##### DATA FOR THE TASK

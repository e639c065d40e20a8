-- ===== src/Jobs/Leases.antt =====
-- `_check_lease`, `claim` and `renew` of documents/jobs/sqlite.py: a lease names its step by a
-- fence, and each claim takes the next fence.
use estudio_polymind_llm_orc.Prelude.{
  ℕ, ◌+◌, String, Bool, false, not, ◌&&◌, ◌||◌, any, Option, none, some, [], ◌∷◌, ◌++◌, ◌==◌,
  str_eq, ltb, leb, or_else, if◌then◌else◌,
}
use estudio_polymind_llm_orc.Jobs.Models.{Uuid, Micros, Scope, is_terminal, StepState, is_token}
use estudio_polymind_llm_orc.Jobs.Errors.{Failure, retryable, non_retryable}
use estudio_polymind_llm_orc.Jobs.Tables.{
  Ledger, JobRow, StepRow, AttemptRow, Outcome, is_running, is_claimable,
}
use estudio_polymind_llm_orc.Jobs.Database.{
  Tx, ◌>>=◌, ◌>>◌, pure, raise, modify, unless, get_job_row, get_step_row, update_step,
  ledger_error, invalid_configuration, stale_fence, invalid_transition, cancelled, lease_expired,
}
use estudio_polymind_llm_orc.Jobs.Progression.{refresh}
use estudio_polymind_llm_orc.Jobs.Failing.{terminal_failure, fail_step}

-- `Lease`
pub record Lease : Type 0 where
  pub scope : Scope
  pub job_id : Uuid
  pub step_id : Uuid
  pub owner : String
  pub fence : ℕ

-- row['lease_owner'] == owner
abbrev pub owned_by : Option String → String → Bool
owned_by none owner = false
owned_by (some o) owner = str_eq o owner

-- row['lease_expires_at'] <= now; a comparison with NULL is a TypeError
abbrev pub expired : Option Micros → Micros → Tx Bool
expired none now = raise ledger_error
expired (some t) now = pure (leb t now)

-- the tests of `_check_lease` that a lease which settles a cancellation skips
unfoldable pub check_live : Micros → JobRow → StepRow → Tx (Unit {0})
check_live now job row = do
  unless (not job.cancel_requested) cancelled
  unless (not (is_terminal job.state)) invalid_transition
  late ← expired row.lease_expires_at now
  unless (not late) lease_expired

-- the tests of `_check_lease` on the two rows
unfoldable pub check_rows : Lease → Micros → Bool → JobRow → StepRow → Tx (Unit {0})
check_rows lease now settling job row = do
  unless (row.fence == lease.fence && owned_by row.lease_owner lease.owner) stale_fence
  unless (is_running row.state) invalid_transition
  if settling then pure tt else check_live now job row

-- `_check_lease`
unfoldable pub check_lease : Lease → Micros → Bool → Tx (JobRow × StepRow)
check_lease lease now settling = do
  job ← get_job_row lease.scope lease.job_id
  row ← get_step_row lease.job_id lease.step_id
  check_rows lease now settling job row
  pure (job, row)

-- the columns that a claim sets
abbrev pub claimed_row : String → Micros → Micros → StepRow → StepRow → StepRow
claimed_row owner expires now row r = record r {
  state = StepState.running;
  attempt_count = row.attempt_count + 1;
  fence = row.fence + 1;
  lease_owner = some owner;
  lease_expires_at = some expires;
  started_at = some (or_else r.started_at now);
  failure_category = none;
}

-- the column that a renewal sets
abbrev pub renewed_row : Micros → StepRow → StepRow
renewed_row expires r = record r { lease_expires_at = some expires }

abbrev pub interrupted : Failure
interrupted = record {
  category = "worker_interrupted";
  classification = retryable;
  retry_after = none;
}

-- `row['started_at'] and now >= started_at + budget`
abbrev pub budget_spent : Option Micros → Micros → Micros → Bool
budget_spent none budget now = false
budget_spent (some started) budget now = leb (started + budget) now

-- a row of `step_attempts` that an attempt meets in a PRIMARY KEY or UNIQUE constraint
abbrev pub attempt_clashes : AttemptRow → AttemptRow → Bool
attempt_clashes a b = b.step_id == a.step_id && (b.number == a.number || b.fence == a.fence)

-- INSERT INTO step_attempts under its constraints
unfoldable pub insert_attempt : AttemptRow → Tx (Unit {0})
insert_attempt a db =
    (unless (not (any (attempt_clashes a) db.attempts)) ledger_error
        >> modify (λ d. record d { attempts = d.attempts ++ a ∷ [] }))
      db

abbrev pub new_attempt : StepRow → String → Micros → AttemptRow
new_attempt row owner now = record {
  step_id = row.step_id;
  number = row.attempt_count + 1;
  worker = owner;
  fence = row.fence + 1;
  started_at = now;
  finished_at = none;
  outcome = Outcome.running;
  category = none;
  classification = none;
  not_before = none;
}

module _ (l : Ledger) where
  -- the writes of a claim that is granted
  unfoldable pub grant : Scope → JobRow → StepRow → String → Micros → Tx (Option Lease)
  grant scope job row owner now = do
    modify (update_step row.step_id (claimed_row owner (now + l.lease_micros) now row))
    insert_attempt (new_attempt row owner now)
    refresh job.job_id now
    pure (
        some (record {
          scope = scope;
          job_id = job.job_id;
          step_id = row.step_id;
          owner = owner;
          fence = row.fence + 1;
        }))

  -- the part of `claim` behind the expiry test, on the row read again
  unfoldable pub claim_row : Scope → JobRow → StepRow → String → Micros → Tx (Option Lease)
  claim_row scope job row owner now =
      if not (is_claimable row.state) || ltb now row.not_before
      then pure none
      else if budget_spent row.started_at job.request.profile.retry.budget_micros now
      then (do
        modify (terminal_failure row "retry_exhausted" non_retryable now)
        refresh job.job_id now
        pure none)
      else grant scope job row owner now

  -- a running step whose lease has expired fails before it may be claimed again
  unfoldable pub recover : JobRow → StepRow → Micros → Tx (Unit {0})
  recover job row now =
      if is_running row.state
      then (do
        late ← expired row.lease_expires_at now
        if late then fail_step l job row interrupted now else pure tt)
      else pure tt

  -- `claim`
  unfoldable pub claim : Scope → Uuid → Uuid → String → Micros → Tx (Option Lease)
  claim scope job_id step_id owner now = do
    unless (is_token owner) invalid_configuration
    job ← get_job_row scope job_id
    row ← get_step_row job_id step_id
    if job.cancel_requested || is_terminal job.state then pure none else do
      recover job row now
      row' ← get_step_row job_id step_id
      claim_row scope job row' owner now

  -- `renew`
  unfoldable pub renew : Lease → Micros → Tx (Unit {0})
  renew lease now = do
    check_lease lease now false
    modify (update_step lease.step_id (renewed_row (now + l.lease_micros)))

##########

### ASSIGNMENT
An exact copy of all the entries above is what is needed.

### TASK ANSWER
repository e639c065d40e20a8
-- ===== src/Jobs/Leases.antt =====
-- `_check_lease`, `claim` and `renew` of documents/jobs/sqlite.py: a lease names its step by a
-- fence, and each claim takes the next fence.
use estudio_polymind_llm_orc.Prelude.{
  ℕ, ◌+◌, String, Bool, false, not, ◌&&◌, ◌||◌, any, Option, none, some, [], ◌∷◌, ◌++◌, ◌==◌,
  str_eq, ltb, leb, or_else, if◌then◌else◌,
}
use estudio_polymind_llm_orc.Jobs.Models.{Uuid, Micros, Scope, is_terminal, StepState, is_token}
use estudio_polymind_llm_orc.Jobs.Errors.{Failure, retryable, non_retryable}
use estudio_polymind_llm_orc.Jobs.Tables.{
  Ledger, JobRow, StepRow, AttemptRow, Outcome, is_running, is_claimable,
}
use estudio_polymind_llm_orc.Jobs.Database.{
  Tx, ◌>>=◌, ◌>>◌, pure, raise, modify, unless, get_job_row, get_step_row, update_step,
  ledger_error, invalid_configuration, stale_fence, invalid_transition, cancelled, lease_expired,
}
use estudio_polymind_llm_orc.Jobs.Progression.{refresh}
use estudio_polymind_llm_orc.Jobs.Failing.{terminal_failure, fail_step}

-- `Lease`
pub record Lease : Type 0 where
  pub scope : Scope
  pub job_id : Uuid
  pub step_id : Uuid
  pub owner : String
  pub fence : ℕ

-- row['lease_owner'] == owner
abbrev pub owned_by : Option String → String → Bool
owned_by none owner = false
owned_by (some o) owner = str_eq o owner

-- row['lease_expires_at'] <= now; a comparison with NULL is a TypeError
abbrev pub expired : Option Micros → Micros → Tx Bool
expired none now = raise ledger_error
expired (some t) now = pure (leb t now)

-- the tests of `_check_lease` that a lease which settles a cancellation skips
unfoldable pub check_live : Micros → JobRow → StepRow → Tx (Unit {0})
check_live now job row = do
  unless (not job.cancel_requested) cancelled
  unless (not (is_terminal job.state)) invalid_transition
  late ← expired row.lease_expires_at now
  unless (not late) lease_expired

-- the tests of `_check_lease` on the two rows
unfoldable pub check_rows : Lease → Micros → Bool → JobRow → StepRow → Tx (Unit {0})
check_rows lease now settling job row = do
  unless (row.fence == lease.fence && owned_by row.lease_owner lease.owner) stale_fence
  unless (is_running row.state) invalid_transition
  if settling then pure tt else check_live now job row

-- `_check_lease`
unfoldable pub check_lease : Lease → Micros → Bool → Tx (JobRow × StepRow)
check_lease lease now settling = do
  job ← get_job_row lease.scope lease.job_id
  row ← get_step_row lease.job_id lease.step_id
  check_rows lease now settling job row
  pure (job, row)

-- the columns that a claim sets
abbrev pub claimed_row : String → Micros → Micros → StepRow → StepRow → StepRow
claimed_row owner expires now row r = record r {
  state = StepState.running;
  attempt_count = row.attempt_count + 1;
  fence = row.fence + 1;
  lease_owner = some owner;
  lease_expires_at = some expires;
  started_at = some (or_else r.started_at now);
  failure_category = none;
}

-- the column that a renewal sets
abbrev pub renewed_row : Micros → StepRow → StepRow
renewed_row expires r = record r { lease_expires_at = some expires }

abbrev pub interrupted : Failure
interrupted = record {
  category = "worker_interrupted";
  classification = retryable;
  retry_after = none;
}

-- `row['started_at'] and now >= started_at + budget`
abbrev pub budget_spent : Option Micros → Micros → Micros → Bool
budget_spent none budget now = false
budget_spent (some started) budget now = leb (started + budget) now

-- a row of `step_attempts` that an attempt meets in a PRIMARY KEY or UNIQUE constraint
abbrev pub attempt_clashes : AttemptRow → AttemptRow → Bool
attempt_clashes a b = b.step_id == a.step_id && (b.number == a.number || b.fence == a.fence)

-- INSERT INTO step_attempts under its constraints
unfoldable pub insert_attempt : AttemptRow → Tx (Unit {0})
insert_attempt a db =
    (unless (not (any (attempt_clashes a) db.attempts)) ledger_error
        >> modify (λ d. record d { attempts = d.attempts ++ a ∷ [] }))
      db

abbrev pub new_attempt : StepRow → String → Micros → AttemptRow
new_attempt row owner now = record {
  step_id = row.step_id;
  number = row.attempt_count + 1;
  worker = owner;
  fence = row.fence + 1;
  started_at = now;
  finished_at = none;
  outcome = Outcome.running;
  category = none;
  classification = none;
  not_before = none;
}

module _ (l : Ledger) where
  -- the writes of a claim that is granted
  unfoldable pub grant : Scope → JobRow → StepRow → String → Micros → Tx (Option Lease)
  grant scope job row owner now = do
    modify (update_step row.step_id (claimed_row owner (now + l.lease_micros) now row))
    insert_attempt (new_attempt row owner now)
    refresh job.job_id now
    pure (
        some (record {
          scope = scope;
          job_id = job.job_id;
          step_id = row.step_id;
          owner = owner;
          fence = row.fence + 1;
        }))

  -- the part of `claim` behind the expiry test, on the row read again
  unfoldable pub claim_row : Scope → JobRow → StepRow → String → Micros → Tx (Option Lease)
  claim_row scope job row owner now =
      if not (is_claimable row.state) || ltb now row.not_before
      then pure none
      else if budget_spent row.started_at job.request.profile.retry.budget_micros now
      then (do
        modify (terminal_failure row "retry_exhausted" non_retryable now)
        refresh job.job_id now
        pure none)
      else grant scope job row owner now

  -- a running step whose lease has expired fails before it may be claimed again
  unfoldable pub recover : JobRow → StepRow → Micros → Tx (Unit {0})
  recover job row now =
      if is_running row.state
      then (do
        late ← expired row.lease_expires_at now
        if late then fail_step l job row interrupted now else pure tt)
      else pure tt

  -- `claim`
  unfoldable pub claim : Scope → Uuid → Uuid → String → Micros → Tx (Option Lease)
  claim scope job_id step_id owner now = do
    unless (is_token owner) invalid_configuration
    job ← get_job_row scope job_id
    row ← get_step_row job_id step_id
    if job.cancel_requested || is_terminal job.state then pure none else do
      recover job row now
      row' ← get_step_row job_id step_id
      claim_row scope job row' owner now

  -- `renew`
  unfoldable pub renew : Lease → Micros → Tx (Unit {0})
  renew lease now = do
    check_lease lease now false
    modify (update_step lease.step_id (renewed_row (now + l.lease_micros)))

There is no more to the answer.